È Attesa una produzione record per Fragolà, il brand lanciato nel 2012 dal gruppo veronese Ceradini, che quest’anno sfiora le 400 mila piante coltivate in montagna, sui Monti Lessini, nel Veronese, sotto il Comune di Velo Veronese in coltivazione fuorisuolo e in coltura protetta. Le coltivazioni si estendono su quasi 7 ettari di terreno, per un totale di 35 chilometri di filari, che lo rende l’impianto di fragole coltivate in montagna più grande d’Europa.

La raccolta di questa settima stagione è iniziata a metà giugno, sebbene la piena produzione ci sarà dalla prossima settimana. La stagione si protrarrà fino a fine ottobre. “Ad oggi – spiega Massimo Ceradini (nella foto), titolare dell’azienda veneta conosciuta prima di tutto per la produzione e commercializzazione di kiwi – abbiamo superato 28 tonnellate di fragole. L’obiettivo finale è raggiungere 260 tons di prodotto. Le aspettative sono molto buone, nonostante il clima non sia stato particolarmente favorevole. Basti pensare che pochi giorni fa negli areali il termometro ha raggiunto i sei gradi”.

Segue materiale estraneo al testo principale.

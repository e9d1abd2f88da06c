-- ===== src/Engine/Queue/Admission.antt =====
-- crates/nzbd-engine/src/queue.rs: the reservation, commitment and cancellation of a torrent. The
-- clock's reading is an argument; a file name is its UTF-8 bytes.
pub mod Ids
mod Scenarios
use nzbd.Prelude.{
  length, ℕ, zero, suc, ◌+◌, ◌%◌, ◌^◌, Bool, true, false, not, ◌&&◌, ◌||◌, List, [], ◌∷◌, ◌++◌,
  reverse, Option, none, some, if◌then◌else◌, ltb, leb, ◌==◌, any, select, find, member, bytes_eq,
  is_empty, is_some,
}
use nzbd.Prelude.Int.{ℤ, pos}
use nzbd.Prelude.Decimal.{decimal}
use nzbd.Types.Torrent.{Text, TorrentSource, TorrentRecord}
use nzbd.Types.Job.{Job, JobId, torrent, DupeInfo, JobStatus, queued, paused, deleted}
use nzbd.State.{PendingAdmission}
use nzbd.Yenc.StdText.{within, trim}
use nzbd.Engine.Queue.{QueueState}
use nzbd.Engine.Queue.Totals.{no_totals}

pub record AddOpts : Type 0 where
  pub category : Option Text
  pub priority : ℤ
  pub seed_ratio_limit : Option ℕ
  pub seed_time_limit_secs : Option ℕ
  pub stop_seeding_on_complete : Option Bool
  pub dupe : Option DupeInfo
  pub paused : Bool
  pub params : List (Text × Text)
  pub client : Option Text

pub record TorrentAdmissionCommit : Type 0 where
  pub name : Text
  pub category : Option Text
  pub priority : ℤ
  pub paused : Bool
  pub params : List (Text × Text)
  pub torrent_record : TorrentRecord

-- `"torrents/pending/"` and `".source"`.
abbrev pending_dir : Text
pending_dir =
    b't' ∷ b'o' ∷ b'r' ∷ b'r' ∷ b'e' ∷ b'n' ∷ b't' ∷ b's' ∷ b'/' ∷ b'p' ∷ b'e' ∷ b'n' ∷ b'd' ∷ b'i'
    ∷ b'n' ∷ b'g' ∷ b'/' ∷ []

abbrev source_suffix : Text
source_suffix = b'.' ∷ b's' ∷ b'o' ∷ b'u' ∷ b'r' ∷ b'c' ∷ b'e' ∷ []

abbrev pub relative_ref : JobId → Text
relative_ref id = pending_dir ++ decimal id ++ source_suffix

abbrev pub new_pending : JobId → TorrentSource → AddOpts → PendingAdmission
new_pending job_id source opts = record {
  job_id = job_id;
  source = source;
  secret_ref = relative_ref job_id;
  category = opts.category;
  priority = opts.priority;
  paused = opts.paused;
  seed_ratio_limit = opts.seed_ratio_limit;
  seed_time_limit_secs = opts.seed_time_limit_secs;
  stop_seeding_on_complete = opts.stop_seeding_on_complete;
  params = opts.params;
  client = opts.client;
}

unfoldable pub reserve_torrent_admission : TorrentSource → AddOpts → QueueState → QueueState × JobId
reserve_torrent_admission source opts q =
    let job_id = (q.next_job_id + 1) % 2 ^ 32 in
    (
      record q {
        next_job_id = job_id;
        pending_admissions = q.pending_admissions ++ new_pending job_id source opts ∷ [];
      },
      job_id,
    )

-- `retain(|pending| pending.job_id != id)`.
unfoldable pub without : JobId → List PendingAdmission → List PendingAdmission
without id l = select (λ p. not (p.job_id == id)) l

-- What `cancel_torrent_admission` does; its answer is `cancelled`.
unfoldable pub cancel_torrent_admission : JobId → QueueState → QueueState
cancel_torrent_admission id q = record q { pending_admissions = without id q.pending_admissions }

-- Was a reservation there to be cancelled?
unfoldable pub cancelled : JobId → QueueState → Bool
unfolding without
cancelled id q = not (length q.pending_admissions == length (without id q.pending_admissions))

abbrev reserved_char : ℕ → Bool
reserved_char b = member b (47 ∷ 92 ∷ 58 ∷ 42 ∷ 63 ∷ 34 ∷ 60 ∷ 62 ∷ 124 ∷ 0 ∷ [])

abbrev underscore : ℕ
underscore = 95

-- The reserved and the control characters, U+0080 to U+009F among them, become underscores.
unfoldable pub clean_chars : Text → Text
clean_chars [] = []
clean_chars (b ∷ []) = (if reserved_char b || ltb b 32 || b == 127 then underscore else b) ∷ []
clean_chars (b ∷ c ∷ l) =
    let one = clean_chars (c ∷ l) in
    let two = clean_chars l in
    if b == 0xc2 && within 0x80 0x9f c
    then underscore ∷ two
    else (if reserved_char b || ltb b 32 || b == 127 then underscore else b) ∷ one

abbrev drop_dots : Text → Text
drop_dots [] = []
drop_dots (b ∷ l) = let rest = drop_dots l in if b == 46 then rest else b ∷ l

-- `trim_matches('.')`.
abbrev pub trim_dots : Text → Text
trim_dots s = reverse (drop_dots (reverse (drop_dots s)))

-- The first `n` characters: a continuation byte goes with the character before it.
unfoldable pub take_chars : ℕ → Text → Text
take_chars n [] = []
take_chars zero (b ∷ l) = []
take_chars (suc n) (b ∷ l) = b ∷ continued n l
  where
    continued : ℕ → Text → Text
    continued m [] = []
    continued zero (c ∷ k) =
        let rest = continued zero k in if within 0x80 0xbf c then c ∷ rest else []
    continued (suc m) (c ∷ k) =
        let same = continued (suc m) k in
        let next = continued m k in if within 0x80 0xbf c then c ∷ same else c ∷ next

-- `"unnamed"`.
abbrev unnamed : Text
unnamed = b'u' ∷ b'n' ∷ b'n' ∷ b'a' ∷ b'm' ∷ b'e' ∷ b'd' ∷ []

unfoldable pub sanitize_name : Text → Text
unfolding clean_chars take_chars
sanitize_name name =
    let trimmed = trim (trim_dots (trim (clean_chars name))) in
    take_chars 200 (if is_empty trimmed then unnamed else trimmed)

unfoldable pub unique_dir_name : List Job → JobId → Text → Text
unique_dir_name jobs id want =
    if any (λ j. not (j.id == id) && bytes_eq j.dir_name want) jobs
    then want ++ 46 ∷ decimal id
    else want

abbrev is_live : JobStatus → Bool
is_live JobStatus.failed = false
is_live deleted = false
is_live _ = true

abbrev has_hash : Text → Option TorrentRecord → Bool
has_hash h none = false
has_hash h (some t) = bytes_eq t.info_hash_v1 h

-- A job that holds the same torrent and has not come to an end.
unfoldable pub holds : Text → Job → Bool
holds h j = has_hash h j.torrent_record && is_live j.status

unfoldable pub put_param : Text → Text → List (Text × Text) → List (Text × Text)
put_param key value [] = (key, value) ∷ []
put_param key value ((k, v) ∷ l) =
    let rest = put_param key value l in if bytes_eq k key then (k, value) ∷ l else (k, v) ∷ rest

unfoldable pub put_params : List (Text × Text) → List (Text × Text) → List (Text × Text)
unfolding put_param
put_params [] l = l
put_params ((k, v) ∷ ps) l = put_params ps (put_param k v l)

-- The first job that holds the torrent takes the parameters.
unfoldable pub merge_params : Text → List (Text × Text) → List Job → List Job
unfolding holds put_params
merge_params h params [] = []
merge_params h params (j ∷ js) =
    let rest = merge_params h params js in
    if holds h j then record j { params = put_params params j.params } ∷ js else j ∷ rest

pub data Committed : Type 0 where
  unknown : Committed
  added duplicate_of : JobId → Committed

abbrev pub new_job : JobId → TorrentAdmissionCommit → Text → ℤ → Job
new_job id c dir_name now_unix = record {
  id = id;
  kind = torrent;
  name = c.name;
  dir_name = dir_name;
  name_provisional = false;
  queued_at_unix = now_unix;
  original_name = [];
  category = c.category;
  priority = c.priority;
  dupe = record { key = []; score = pos 0; mode = none };
  params = c.params;
  files = [];
  totals = record no_totals { size = c.torrent_record.total_bytes };
  status = if c.paused then paused else queued;
  torrent_record = some c.torrent_record;
  stages = [];
}

abbrev pub commit_known :
    JobId → TorrentAdmissionCommit → ℤ → QueueState → Option Job → QueueState × Committed
commit_known id c now_unix q (some existing) = (
  record (cancel_torrent_admission id q) {
    jobs = merge_params c.torrent_record.info_hash_v1 c.params q.jobs;
  },
  duplicate_of existing.id,
)
commit_known id c now_unix q none = (
  record (cancel_torrent_admission id q) {
    jobs = q.jobs ++ new_job id c (unique_dir_name q.jobs id (sanitize_name c.name)) now_unix ∷ [];
  },
  added id,
)

unfoldable pub commit_torrent_admission :
    JobId → TorrentAdmissionCommit → ℤ → QueueState → QueueState × Committed
commit_torrent_admission id c now_unix q =
    if any (λ p. p.job_id == id) q.pending_admissions
    then commit_known id c now_unix q (find (holds c.torrent_record.info_hash_v1) q.jobs)
    else (q, unknown)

I riscontri sul mercato, già buoni nelle annate passate, stanno aumentando ulteriormente. “L’interesse della gdo è in costante crescita – afferma Ceradini – e le catene distributive nazionali che hanno scommesso su Fragolà sono in aumento: ad oggi sono sette. Dopo un’iniziale diffidenza legata al prezzo – Fragolà si pone in una fascia premium – la qualità del prodotto, dal punto di vista organolettico, di gusto e visivo, è tale che le richieste aumentano, riconoscendo il valore del frutto”.

Riscontri in crescendo che ha permesso a Ceradini, solo con il progetto di Fragolà, di arrivare a circa 1,5 milioni di euro di fatturato, incidendo per circa il 30% sul giro d’affari complessivo dell’impresa scaligera. Una cifra destinata comunque a crescere ulteriormente a breve termine.

Per quanto riguarda il kiwi, Ceradini traccia un bilancio dell’annata 2017-2018. “Buone le quotazioni staccate, ma come trend di stagione è stata un’annata pessima. I pochi volumi realizzati con un calo del 22% ha generato un calo delle vendite molto più marcato che ha toccato il -40%. Da sottolineare inoltre la presenza sempre più massiccia della Grecia che ha piantato la propria bandierina su tutti i mercati di riferimento. La prossima stagione sarà il competitor di riferimento”.

Infine buone notizie dal portainnesto Sav 1, che dallo scorso anno è stato già adottato da una quarantina di aziende italiane ed estere per evitare la morìa del kiwi (leggi news). “Finora – sostiene Ceradini – i risultati sono eccellenti”.